How do I do speech-to-text (STT) or text-to-speech (TTS)?

Install the optional capability plugin package:

pip install "abstractcore[voice]"

This installs the remote-light AbstractVoice capability path. Local voice engines require an explicit local profile such as abstractcore[all-apple] or abstractcore[all-gpu].

Then use the deterministic capability surfaces:

from abstractcore import create_llm

llm = create_llm("openai", model="gpt-4o-mini")  # provider/model is only for LLM calls; STT/TTS are deterministic
print(llm.capabilities.status())  # shows which capability backends are available/selected

wav_bytes = llm.voice.tts("Hello", format="wav")
text = llm.audio.transcribe("speech.wav")

If you run the optional HTTP server, you can also use OpenAI-compatible endpoints:

  • POST /v1/audio/transcriptions
  • POST /v1/audio/speech

See: Server and Capabilities.

How do I generate or edit images?

Generative vision is dependency-light by default. AbstractCore Server can proxy OpenAI-compatible image endpoints without local vision runtimes. For local Diffusers/sdcpp image generation, install the vision extra:

pip install "abstractcore[server,vision]"

You can use generative vision through AbstractCore’s llm.vision.* capability plugin surface, or through AbstractCore Server’s optional endpoints:

  • POST /v1/images/generations
  • POST /v1/images/edits

Omit model with the server endpoints only when this server has a configured AbstractVision/OpenAI-compatible image default. Use model="diffusers/default" or model="diffusers/<huggingface-repo>" for explicit Diffusers routing, model="sdcpp/default" for configured stable-diffusion.cpp, or model="openai-compatible/<model>" with a configured image base URL for remote OpenAI-compatible endpoints. Local Diffusers is cache-only by default, so pre-download the model or set ABSTRACTCORE_VISION_ALLOW_DOWNLOAD=1 / ABSTRACTVISION_DIFFUSERS_ALLOW_DOWNLOAD=1 when runtime downloads are intended.

See: Server, Capabilities, and abstractvision/docs/reference/abstractcore-integration.md (in the AbstractVision repo).

What are “glyphs” and what do they require?
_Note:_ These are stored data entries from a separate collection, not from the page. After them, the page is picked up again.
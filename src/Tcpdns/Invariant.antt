-- ===== src/Tcpdns/Invariant.antt =====
-- The master of src/tcpdns.c over any sequence of queries, events and reads.
use nsproxy.Common.{
  ℕ, suc, ◌+◌, ◌<◌, ◌≡◌, refl, sym, ap, ◌∙◌, inl, inr, Bool, true, false, not, Option, none, some,
  List, [], ◌∷◌, ◌++◌, arith, ltb, if◌then◌else◌, ltb→lt, Bool-cases, &&_parts, if_cases, le_of_ltb,
  length, take, drop, All, All-append,
}
use nsproxy.Rules.Conf.{NspConf, ProxyType}
use nsproxy.Skutils.{count, bytes}
use nsproxy.Tcpdns.{
  TcpdnsWorker, buffer_size, WorkerTurn, WorkerCalls, is_complete, tcpdns_worker_handle_event,
  tcpdns_send, SendTurn, first_done, without_first_done, tcpdns_recv,
}
use nsproxy.Tcpdns.Done.{count_done, count_done-append, first_done_lem, cut_at, le→leb}
use nsproxy.Tcpdns.Worker.{
  RecvLaws, WorkerValid, OutcomeValid, TurnValid, event_valid, with_length-WorkerValid,
}

-- The workers, and the value of the eventfd, which the kernel keeps.
pub record Master : Type 0 where
  pub workers : List TcpdnsWorker
  pub evfd : ℕ

abbrev pub survivor : Option TcpdnsWorker → List TcpdnsWorker
survivor none = []
survivor (some w) = w ∷ []

-- The list and the eventfd after a turn of the worker at one place.
abbrev pub after_turn : List TcpdnsWorker → List TcpdnsWorker → WorkerTurn → ℕ → Master
after_turn newer older t evfd = record {
  workers = newer ++ (survivor t.worker ++ older);
  evfd = if t.noticed then suc evfd else evfd;
}

-- A worker has events while its connection is there, and is handled at its place in the list; its write
-- adds one to the eventfd. A read of the eventfd, which is a semaphore, gives 1 and takes one away.
pub data Step : Master → Master → Type 0 where
  asked :
      (m : Master) (conf : NspConf) (made : ProxyType → List ℕ → ℕ → Bool) (query : List ℕ)
      → Step m (record m { workers = (tcpdns_send conf made query m.workers).workers })
  event :
      (m : Master) (newer older : List TcpdnsWorker) (w : TcpdnsWorker) (calls : WorkerCalls)
      (mask : ℕ)
      → m.workers ≡ newer ++ (w ∷ older)
      → w.proxy ≡ true
      → RecvLaws calls.recv
      → Step m (after_turn newer older (tcpdns_worker_handle_event calls mask w) m.evfd)
  answered :
      (m : Master) (n size : ℕ)
      → m.evfd ≡ suc n
      → Step m (record { workers = (tcpdns_recv (count 1) size m.workers).workers; evfd = n })

pub data Reach : Master → Type 0 where
  start : Reach (record { workers = []; evfd = 0 })
  next : {m n : Master} → Reach m → Step m n → Reach n

-- Every worker is valid, and the eventfd counts those that are done.
pub record MasterValid (m : Master) : Type 0 where
  pub each : All WorkerValid m.workers
  pub counted : count_done m.workers ≡ m.evfd

middle-WorkerValid :
    (newer older : List TcpdnsWorker) (w : TcpdnsWorker) (o : Option TcpdnsWorker)
    → All WorkerValid (newer ++ (w ∷ older))
    → All WorkerValid (survivor o)
    → All WorkerValid (newer ++ (survivor o ++ older))
middle-WorkerValid [] older w o (v, h) k = All-append WorkerValid (survivor o) older k h
middle-WorkerValid (x ∷ newer) older w o (v, h) k = (v, middle-WorkerValid newer older w o h k)

middle :
    (newer older : List TcpdnsWorker) (w : TcpdnsWorker)
    → All WorkerValid (newer ++ (w ∷ older))
    → WorkerValid w
middle [] older w (v, h) = v
middle (x ∷ newer) older w (v, h) = middle newer older w h

-- What an event does to one worker, on the list and the eventfd.
turn_valid :
    (newer older : List TcpdnsWorker) (w : TcpdnsWorker) (t : WorkerTurn) (evfd : ℕ)
    → MasterValid (record { workers = newer ++ (w ∷ older); evfd = evfd })
    → w.done ≡ false
    → TurnValid t
    → MasterValid (record {
      workers = newer ++ (survivor t.worker ++ older);
      evfd = if t.noticed then suc evfd else evfd;
    })
turn_valid newer older w t evfd v busy ok = by_worker t.worker ok
  where
    before : count_done newer + count_done older ≡ evfd
    before =
        let one : count_done (w ∷ older) ≡ count_done older = rw busy (omega arith) in
        omega (arith, v.counted, count_done-append newer (w ∷ older), one)

    by_worker :
        (o : Option TcpdnsWorker)
        → OutcomeValid t.noticed o
        → MasterValid (record {
          workers = newer ++ (survivor o ++ older);
          evfd = if t.noticed then suc evfd else evfd;
        })
    by_worker none quiet = record {
      each = middle-WorkerValid newer older w none v.each tt;
      counted = rw quiet (omega (arith, before, count_done-append newer older));
    }
    by_worker (some x) (vx, same) = record {
      each = middle-WorkerValid newer older w (some x) v.each (vx, tt);
      counted = rw (sym same) (by_done x);
    }
      where
        by_done :
            (x : TcpdnsWorker)
            → count_done (newer ++ (x ∷ older)) ≡ (if x.done then suc evfd else evfd)
        by_done x = elim (Bool-cases x.done) [
          | inl e ↦
              (let c = simp e at (count_done-append newer (x ∷ older)) in
                simp e (omega (arith, before, c)))
          | inr e ↦
              (let c = simp e at (count_done-append newer (x ∷ older)) in
                simp e (omega (arith, before, c)))
        ]

asked_valid :
    (m : Master) (conf : NspConf) (made : ProxyType → List ℕ → ℕ → Bool) (query : List ℕ)
    → MasterValid m
    → MasterValid (record m { workers = (tcpdns_send conf made query m.workers).workers })
unfolding tcpdns_send
asked_valid m conf made query v =
    let P : List TcpdnsWorker → Type 0 = λ ws. MasterValid (record m { workers = ws }) in
    let Q : SendTurn → Type 0 = λ t. P t.workers in
    if_cases Q (ltb buffer_size (length query + 2)) _ _ (λ _. v)
      (λ fits.
        if_cases Q (not (made conf.proxytype conf.dnssrv conf.dnsport)) _ _ (λ _. v)
          (λ _. record {
            each = (with_length-WorkerValid query (le_of_ltb _ _ fits), v.each);
            counted = omega (arith, v.counted);
          }))

answered_valid :
    (m : Master) (n size : ℕ)
    → m.evfd ≡ suc n
    → MasterValid m
    → MasterValid (record { workers = (tcpdns_recv (count 1) size m.workers).workers; evfd = n })
unfolding tcpdns_recv
answered_valid m n size e v =
    let f = first_done_lem m.workers n v.each (v.counted ∙ e) in
    simp f.is_first (record { each = f.others; counted = f.fewer })

Step-MasterValid : {m n : Master} → Step m n → MasterValid m → MasterValid n
Step-MasterValid (asked m conf made query) v = asked_valid m conf made query v
Step-MasterValid (event m newer older w calls mask e here laws) v =
    let v' : MasterValid (record { workers = newer ++ (w ∷ older); evfd = m.evfd }) = record {
      each = rw (sym e) v.each;
      counted = rw (sym e) v.counted;
    } in
    let vw = middle newer older w v'.each in
    let busy : w.done ≡ false = ground (arith, vw.open_until, here) in
    turn_valid newer older w (tcpdns_worker_handle_event calls mask w) m.evfd v' busy
      (event_valid w vw busy calls mask laws)
Step-MasterValid (answered m n size e) v = answered_valid m n size e v

-- After any sequence of queries, events and reads: every worker's buffer is within its 4096 bytes, a
-- worker is done exactly when its connection is closed, and then its buffer holds a whole message;
-- and the eventfd counts exactly the workers that are done.
pub Reach-MasterValid : {m : Master} → Reach m → MasterValid m
Reach-MasterValid start = record { each = tt; counted = refl }
Reach-MasterValid (next r s) = Step-MasterValid s (Reach-MasterValid r)

-- A read that the eventfd announces gives an answer: its assertion holds, the answer is the message
-- behind the length of the first worker that is done, cut to the room there is, and that worker is
-- taken off the list.
pub tcpdns_recv-answers :
    {m : Master} (n size : ℕ)
    → Reach m
    → m.evfd ≡ suc n
    → let t = tcpdns_recv (count 1) size m.workers in
      (t.assert_ok ≡ true)
      × (t.workers ≡ without_first_done m.workers)
      × ((w : TcpdnsWorker) × (first_done m.workers ≡ some w)
          × (is_complete w.buffer ≡ true)
          × (t.ret ≡ bytes (take size (drop 2 w.buffer))))
unfolding tcpdns_recv
tcpdns_recv-answers {m} n size r e =
    let v = Reach-MasterValid r in
    let f = first_done_lem m.workers n v.each (v.counted ∙ e) in
    let whole = f.valid.complete f.is_done in
    let least : 2 < length f.worker.buffer = ltb→lt _ _ (&&_parts _ _ whole).0 in
    simp f.is_first (
      le→leb 2 (length f.worker.buffer) (omega (arith, least)),
      refl,
      (f.worker, refl, whole, ap bytes (cut_at f.worker.buffer size)),
    )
Glyph visual-text compression is an optional feature for long documents. Install:

  • pip install "abstractcore[compression]" (renderer)
  • plus pip install "abstractcore[media]" if you want PDF extraction support

See Glyph Visual-Text Compression.

How do I use embeddings?

Embeddings are opt-in:

pip install "abstractcore[embeddings]"

Then import from the embeddings module:

from abstractcore.embeddings import EmbeddingManager

See Embeddings.

Do I need the HTTP server?

No. The server is optional and is mainly for:

  • exposing one OpenAI-compatible /v1 endpoint that can route to multiple providers/models
  • integrating with OpenAI-compatible clients and agentic CLIs

Install and run:

pip install "abstractcore[server]"
python -m abstractcore.server.app

See Server.

Where are logs and traces?

I’m getting HTTP timeouts. What should I change?

  • Per-provider: pass timeout=... to create_llm(...) (timeout=None means unlimited).
  • Process-wide default: set abstractcore --set-default-timeout 0 (0 = unlimited), or set a larger value.
  • Some CLI apps have their own --timeout flags; run --help for the exact behavior.

See Troubleshooting and Centralized Config.

HuggingFace won’t download models — why?

The HuggingFace provider respects AbstractCore’s offline-first settings. If you want HuggingFace to fetch from the Hub, update ~/.abstractcore/config/abstractcore.json:

  • set "offline_first": false
  • set "force_local_files_only": false

Restart your Python process after changing this (the provider reads these settings at import time).

Is AbstractCore a full agent/RAG framework?

AbstractCore focuses on provider abstraction + infrastructure (tools, structured output, media handling, tracing). It does not ship a full RAG pipeline or multi-step agent orchestration. See Capabilities.